**What the task asks**
From the entries below, retype only the lines from the one with "unfolding put_i32_le" through the one with "unfolding join_phy_payload", exactly as written.

**Data extract**
-- ===== src/Station/Meta.antt =====
-- internal/backend/basicstation/structs/radio_meta_data.go: how an uplink was received. `R` is float32 and `F`
-- float64; parameters are their conversions, `ptypes.DurationProto`, and the time stamp of a time
-- since the GPS epoch (package gps and `ptypes.TimestampProto`).
use lora_gateway_bridge.Common.{
  ℕ, ◌^◌, false, [], ◌++◌, codes, Bytes, Eui64, eui_bytes, put_u64_be, Result, ok, ◌>>=◌,
  from_option, if◌then◌else◌, Option, none, some,
}
use lora_gateway_bridge.Common.Int.{ℤ, pos, scale, wrap_to, signed_word, eqℤ}
use lora_gateway_bridge.Gw.{
  ProtoDuration, Timestamp, lora, fsk, no_modulation_info, lora_modulation_info,
  fsk_modulation_info, UplinkTxInfo, UplinkRxInfo,
}
use lora_gateway_bridge.Station.Band.{
  BandModulation, lora_modulation, fsk_modulation, other_band_modulation, DataRate, Band,
}

pub record RadioMetaDataUpInfo (R : Type 0) : Type 0 where
  pub rctx : ℕ
  pub xtime : ℕ
  pub gps_time : ℤ
  pub rssi : R
  pub snr : R

pub record RadioMetaData (R : Type 0) : Type 0 where
  pub dr : ℤ
  pub frequency : ℕ
  pub up_info : RadioMetaDataUpInfo R

pub data StationError : Type 0 where
  data_rate_error timestamp_error hex_error : StationError

-- The library calls and conversions.
pub record Conversions (R F : Type 0) : Type 0 where
  pub to_int32 : R → ℤ
  pub widen : R → F
  pub gps_timestamp : ℤ → Option Timestamp
  pub duration_proto : ℤ → ProtoDuration

-- the `switch` on the modulation of the data-rate
unfoldable pub tx_info_of : BandModulation → DataRate → ℕ → UplinkTxInfo
tx_info_of lora_modulation dr frequency = record {
  frequency = frequency;
  modulation = lora;
  modulation_info = lora_modulation_info (record {
    bandwidth = wrap_to (2 ^ 32) dr.bandwidth;
    spreading_factor = wrap_to (2 ^ 32) dr.spread_factor;
    code_rate = codes "4/5";
    polarization_inversion = false;
  });
}
tx_info_of fsk_modulation dr frequency = record {
  frequency = frequency;
  modulation = fsk;
  modulation_info = fsk_modulation_info (record {
    bandwidth = wrap_to (2 ^ 32) dr.bandwidth;
    bitrate = wrap_to (2 ^ 32) dr.bit_rate;
  });
}
tx_info_of (other_band_modulation n) dr frequency = record {
  frequency = frequency;
  modulation = lora;
  modulation_info = no_modulation_info;
}

-- `time.Duration(t) * time.Microsecond`, an int64
unfoldable pub microseconds : ℤ → ℤ
microseconds t = signed_word (2 ^ 64) (wrap_to (2 ^ 64) (scale t 1000))

-- The 16 bytes that a downlink gives back.
unfoldable pub context_of : ℕ → ℕ → Bytes
context_of rctx xtime = put_u64_be rctx ++ put_u64_be xtime

module _ {R F : Type 0} (conv : Conversions R F) where
  -- The time since the GPS epoch and the time, if there is a GPS time.
  unfoldable pub gps_of : ℤ → Result StationError (Option ProtoDuration × Option Timestamp)
  unfolding microseconds
  gps_of t = if eqℤ t (pos 0) then ok (none, none) else (do
    ts ← from_option timestamp_error (conv.gps_timestamp (microseconds t))
    ok (some (conv.duration_proto (microseconds t)), some ts))

  unfoldable pub set_radio_meta_data_to_proto :
      Band → Eui64 → RadioMetaData R → Result StationError (UplinkTxInfo × UplinkRxInfo F)
  unfolding tx_info_of gps_of context_of
  set_radio_meta_data_to_proto band gateway_id rmd = do
    dr ← from_option data_rate_error (band.data_rate rmd.dr)
    (since, time) ← gps_of rmd.up_info.gps_time
    ok (
      tx_info_of dr.modulation dr rmd.frequency,
      record {
        gateway_id = eui_bytes gateway_id;
        time = time;
        time_since_gps_epoch = since;
        rssi = conv.to_int32 rmd.up_info.rssi;
        lora_snr = conv.widen rmd.up_info.snr;
        channel = 0;
        rf_chain = 0;
        board = 0;
        antenna = 0;
        fine_timestamp = none;
        context = context_of rmd.up_info.rctx rmd.up_info.xtime;
        uplink_id = [];
      },
    )
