-- ===== src/Station/Uplink.antt =====
-- internal/backend/basicstation/structs: uplink_data_frame.go, join_request.go and uplink_proprietary.go, and
-- downlink_transmitted.go. An `int32` is given by its bit pattern where only that is read.
use mathlib.Core.List.{reverse}
use lora_gateway_bridge.Common.{
  ℕ, ◌^◌, [], ◌∷◌, ◌++◌, length, ◌==◌, Bytes, Eui64, eui_bytes, put_u16_le, put_u32_le, Result, ok,
  ◌>>=◌, from_option, if◌then◌else◌,
}
use lora_gateway_bridge.Common.Hex.{hex_decode}
use lora_gateway_bridge.Common.Int.{ℤ, negsuc, wrap_to, eqℤ}
use lora_gateway_bridge.Gw.{UplinkFrame, UplinkTxInfo, UplinkRxInfo, DownlinkTxAck}
use lora_gateway_bridge.Station.Band.{Band}
use lora_gateway_bridge.Station.Meta.{
  RadioMetaData, StationError, hex_error, Conversions, set_radio_meta_data_to_proto,
}

pub record UplinkDataFrame (R : Type 0) : Type 0 where
  pub radio_meta_data : RadioMetaData R
  pub mhdr : ℕ
  pub dev_addr : ℤ
  pub f_ctrl : ℕ
  pub f_cnt : ℕ
  pub f_opts : Bytes
  pub f_port : ℤ
  pub frm_payload : Bytes
  pub mic : ℤ

pub record JoinRequest (R : Type 0) : Type 0 where
  pub radio_meta_data : RadioMetaData R
  pub mhdr : ℕ
  pub join_eui : Eui64
  pub dev_eui : Eui64
  pub dev_nonce : ℕ
  pub mic : ℤ

pub record UplinkProprietaryFrame (R : Type 0) : Type 0 where
  pub radio_meta_data : RadioMetaData R
  pub frm_payload : Bytes

-- `uint32(v)` of an int32, as four bytes
unfoldable pub put_i32_le : ℤ → Bytes
put_i32_le v = put_u32_le (wrap_to (2 ^ 32) v)

-- FPort and FRMPayload: none for the port -1.
unfoldable pub port_and_payload : ℤ → Bytes → Result StationError Bytes
port_and_payload f_port text =
    if eqℤ f_port (negsuc 0)
    then ok []
    else if length text == 0
    then ok (wrap_to 256 f_port ∷ [])
    else (do payload ← from_option hex_error (hex_decode text); ok (wrap_to 256 f_port ∷ payload))

module _ {R : Type 0} where
  unfoldable pub data_phy_payload : UplinkDataFrame R → Result StationError Bytes
  unfolding port_and_payload put_i32_le
  data_phy_payload updf = do
    f_opts ← from_option hex_error (hex_decode updf.f_opts)
    rest ← port_and_payload updf.f_port updf.frm_payload
    ok (
        updf.mhdr
        ∷ (put_i32_le updf.dev_addr
            ++ (updf.f_ctrl
                ∷ (put_u16_le updf.f_cnt ++ (f_opts ++ (rest ++ put_i32_le updf.mic))))))

  -- The identifiers are sent with the last byte first.
  unfoldable pub join_phy_payload : JoinRequest R → Bytes
  unfolding put_i32_le
  join_phy_payload jr =
      jr.mhdr
      ∷ (reverse (eui_bytes jr.join_eui)
          ++ (reverse (eui_bytes jr.dev_eui) ++ (put_u16_le jr.dev_nonce ++ put_i32_le jr.mic)))

abbrev pub frame_of : {F : Type 0} → UplinkTxInfo × UplinkRxInfo F → Bytes → UplinkFrame F
frame_of (tx, rx) phy = record { phy_payload = phy; tx_info = tx; rx_info = rx }

module _ {R F : Type 0} (conv : Conversions R F) (band : Band) (gateway_id : Eui64) where
  unfoldable pub uplink_data_frame_to_proto :
      UplinkDataFrame R → Result StationError (UplinkFrame F)
  unfolding data_phy_payload
  uplink_data_frame_to_proto updf = do
    info ← set_radio_meta_data_to_proto conv band gateway_id updf.radio_meta_data
    phy ← data_phy_payload updf
    ok (frame_of info phy)

  unfoldable pub join_request_to_proto : JoinRequest R → Result StationError (UplinkFrame F)
  unfolding join_phy_payload
  join_request_to_proto jr = do
    info ← set_radio_meta_data_to_proto conv band gateway_id jr.radio_meta_data
    ok (frame_of info (join_phy_payload jr))

  unfoldable pub uplink_proprietary_frame_to_proto :
      UplinkProprietaryFrame R → Result StationError (UplinkFrame F)
  uplink_proprietary_frame_to_proto uppf = do
    info ← set_radio_meta_data_to_proto conv band gateway_id uppf.radio_meta_data
    phy ← from_option hex_error (hex_decode uppf.frm_payload)
    ok (frame_of info phy)

unfoldable pub downlink_transmitted_to_proto : Eui64 → ℕ → DownlinkTxAck
downlink_transmitted_to_proto gateway_id diid = record {
  gateway_id = eui_bytes gateway_id;
  token = diid;
  error = [];
  downlink_id = [];
}
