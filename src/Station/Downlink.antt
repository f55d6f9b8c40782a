-- ===== src/Station/Downlink.antt =====
-- internal/backend/basicstation/structs/downlink_message.go: the message for a downlink frame. `duration` is
-- `ptypes.Duration`; a duration counts nanoseconds, and an `int` has 64 bits.
use lora_gateway_bridge.Common.{
  ◌++◌, ℕ, ◌+◌, ◌^◌, false, length, leb, Bytes, index, u64_be, Result, ok, err, ◌>>=◌, from_option,
  if◌then◌else◌, Option, none, some,
}
use lora_gateway_bridge.Common.Hex.{hex_encode}
use lora_gateway_bridge.Common.Int.{ℤ, pos, quot, wrap_to}
use lora_gateway_bridge.Gw.{
  ProtoDuration, Modulation, lora, fsk, other_modulation, ModulationInfo, get_lora_modulation_info,
  get_fsk_modulation_info, Timing, immediately, delay, gps_epoch, other_timing, TimingInfo,
  get_delay_timing_info, get_gps_epoch_timing_info, DownlinkTxInfo, DownlinkFrame,
}
use lora_gateway_bridge.Station.Band.{lora_modulation, fsk_modulation, DataRate, Band}

-- The message; `DevEui` is always blank and `priority` always 1.
pub record DownlinkMessage : Type 0 where
  pub dc : ℕ
  pub diid : ℕ
  pub pdu : Bytes
  pub rx_delay : Option ℤ
  pub rx1_dr : Option ℤ
  pub rx1_freq : Option ℕ
  pub rx2_dr : Option ℤ
  pub rx2_freq : Option ℕ
  pub dr : Option ℤ
  pub freq : Option ℕ
  pub gps_time : Option ℕ
  pub xtime : Option ℕ
  pub rctx : Option ℕ

pub data MessageError : Type 0 where
  tx_info_nil lora_modulation_info_missing fsk_modulation_info_missing : MessageError
  data_rate_index_error unexpected_modulation : MessageError
  delay_timing_info_nil delay_duration_error : MessageError
  gps_epoch_timing_info_nil gps_epoch_duration_error unexpected_timing : MessageError

abbrev pub blank : DownlinkFrame → DownlinkMessage
blank frame = record {
  dc = 0;
  diid = frame.token;
  pdu = hex_encode frame.phy_payload;
  rx_delay = none;
  rx1_dr = none;
  rx1_freq = none;
  rx2_dr = none;
  rx2_freq = none;
  dr = none;
  freq = none;
  gps_time = none;
  xtime = none;
  rctx = none;
}

-- `binary.BigEndian.Uint64(array[from:from+8])`: out of range it panics.
unfoldable pub read_u64 : Bytes → ℕ → Result MessageError ℕ
read_u64 context from = do
  b0 ← index context from
  b1 ← index context (from + 1)
  b2 ← index context (from + 2)
  b3 ← index context (from + 3)
  b4 ← index context (from + 4)
  b5 ← index context (from + 5)
  b6 ← index context (from + 6)
  b7 ← index context (from + 7)
  ok (u64_be b0 b1 b2 b3 b4 b5 b6 b7)

-- The slices `context[0:8]` and `context[8:16]` are taken from the array behind the context: it is bounded by
-- the capacity of the context, not by its length.
unfoldable pub read_context : Bytes → DownlinkMessage → Result MessageError DownlinkMessage
unfolding read_u64
read_context array out = do
  rctx ← read_u64 array 0
  xtime ← read_u64 array 8
  ok (record out { rctx = some rctx; xtime = some xtime })

-- `if len(context) >= 8`. `spare` is what the array has behind the context, up to the capacity.
unfoldable pub set_context :
    (Bytes → Bytes) → Bytes → DownlinkMessage → Result MessageError DownlinkMessage
unfolding read_context
set_context spare context out =
    if leb 8 (length context) then read_context (context ++ spare context) out else ok out

-- the data-rate of the modulation, without its index
unfoldable pub data_rate_of : Modulation → ModulationInfo → Result MessageError DataRate
data_rate_of lora info = do
  i ← from_option lora_modulation_info_missing (get_lora_modulation_info info)
  ok (record {
    modulation = lora_modulation;
    spread_factor = pos i.spreading_factor;
    bandwidth = pos i.bandwidth;
    bit_rate = pos 0;
  })
data_rate_of fsk info = do
  i ← from_option fsk_modulation_info_missing (get_fsk_modulation_info info)
  ok (record {
    modulation = fsk_modulation;
    spread_factor = pos 0;
    bandwidth = pos i.bandwidth;
    bit_rate = pos i.bitrate;
  })
data_rate_of (other_modulation n) info = err unexpected_modulation

module _ (duration : Option ProtoDuration → Option ℤ) where
  -- the `switch` on the timing: class C, class A, class B
  unfoldable pub set_timing :
      Timing → TimingInfo → ℕ → ℤ → DownlinkMessage → Result MessageError DownlinkMessage
  set_timing immediately info frequency dr out =
      ok (record out { dc = 2; rx2_dr = some dr; rx2_freq = some frequency })
  set_timing delay info frequency dr out = do
    timing_info ← from_option delay_timing_info_nil (get_delay_timing_info info)
    d ← from_option delay_duration_error (duration timing_info)
    ok (record out {
      dc = 0;
      rx_delay = some (quot d 1000000000);
      rx1_dr = some dr;
      rx1_freq = some frequency;
    })
  set_timing gps_epoch info frequency dr out = do
    timing_info ← from_option gps_epoch_timing_info_nil (get_gps_epoch_timing_info info)
    d ← from_option gps_epoch_duration_error (duration timing_info)
    ok (record out {
      dc = 1;
      dr = some dr;
      freq = some frequency;
      gps_time = some (wrap_to (2 ^ 64) (quot d 1000));
    })
  set_timing (other_timing n) info frequency dr out = err unexpected_timing

module _ (duration : Option ProtoDuration → Option ℤ) (spare : Bytes → Bytes) where
  unfoldable pub message_of :
      Band → DownlinkTxInfo → DownlinkFrame → Result MessageError DownlinkMessage
  unfolding set_context data_rate_of set_timing
  message_of band tx frame = do
    out ← set_context spare tx.context (blank frame)
    rate ← data_rate_of tx.modulation tx.modulation_info
    dr ← from_option data_rate_index_error (band.data_rate_index false rate)
    set_timing duration tx.timing tx.timing_info tx.frequency dr out

  unfoldable pub downlink_frame_from_proto :
      Band → DownlinkFrame → Result MessageError DownlinkMessage
  unfolding message_of
  downlink_frame_from_proto band frame = do
    tx ← from_option tx_info_nil frame.tx_info
    message_of band tx frame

**Output**
  unfolding put_i32_le
  join_phy_payload jr =
      jr.mhdr
      ∷ (reverse (eui_bytes jr.join_eui)
          ++ (reverse (eui_bytes jr.dev_eui) ++ (put_u16_le jr.dev_nonce ++ put_i32_le jr.mic)))

abbrev pub frame_of : {F : Type 0} → UplinkTxInfo × UplinkRxInfo F → Bytes → UplinkFrame F
frame_of (tx, rx) phy = record { phy_payload = phy; tx_info = tx; rx_info = rx }

module _ {R F : Type 0} (conv : Conversions R F) (band : Band) (gateway_id : Eui64) where
  unfoldable pub uplink_data_frame_to_proto :
      UplinkDataFrame R → Result StationError (UplinkFrame F)
  unfolding data_phy_payload
  uplink_data_frame_to_proto updf = do
    info ← set_radio_meta_data_to_proto conv band gateway_id updf.radio_meta_data
    phy ← data_phy_payload updf
    ok (frame_of info phy)

  unfoldable pub join_request_to_proto : JoinRequest R → Result StationError (UplinkFrame F)
  unfolding join_phy_payload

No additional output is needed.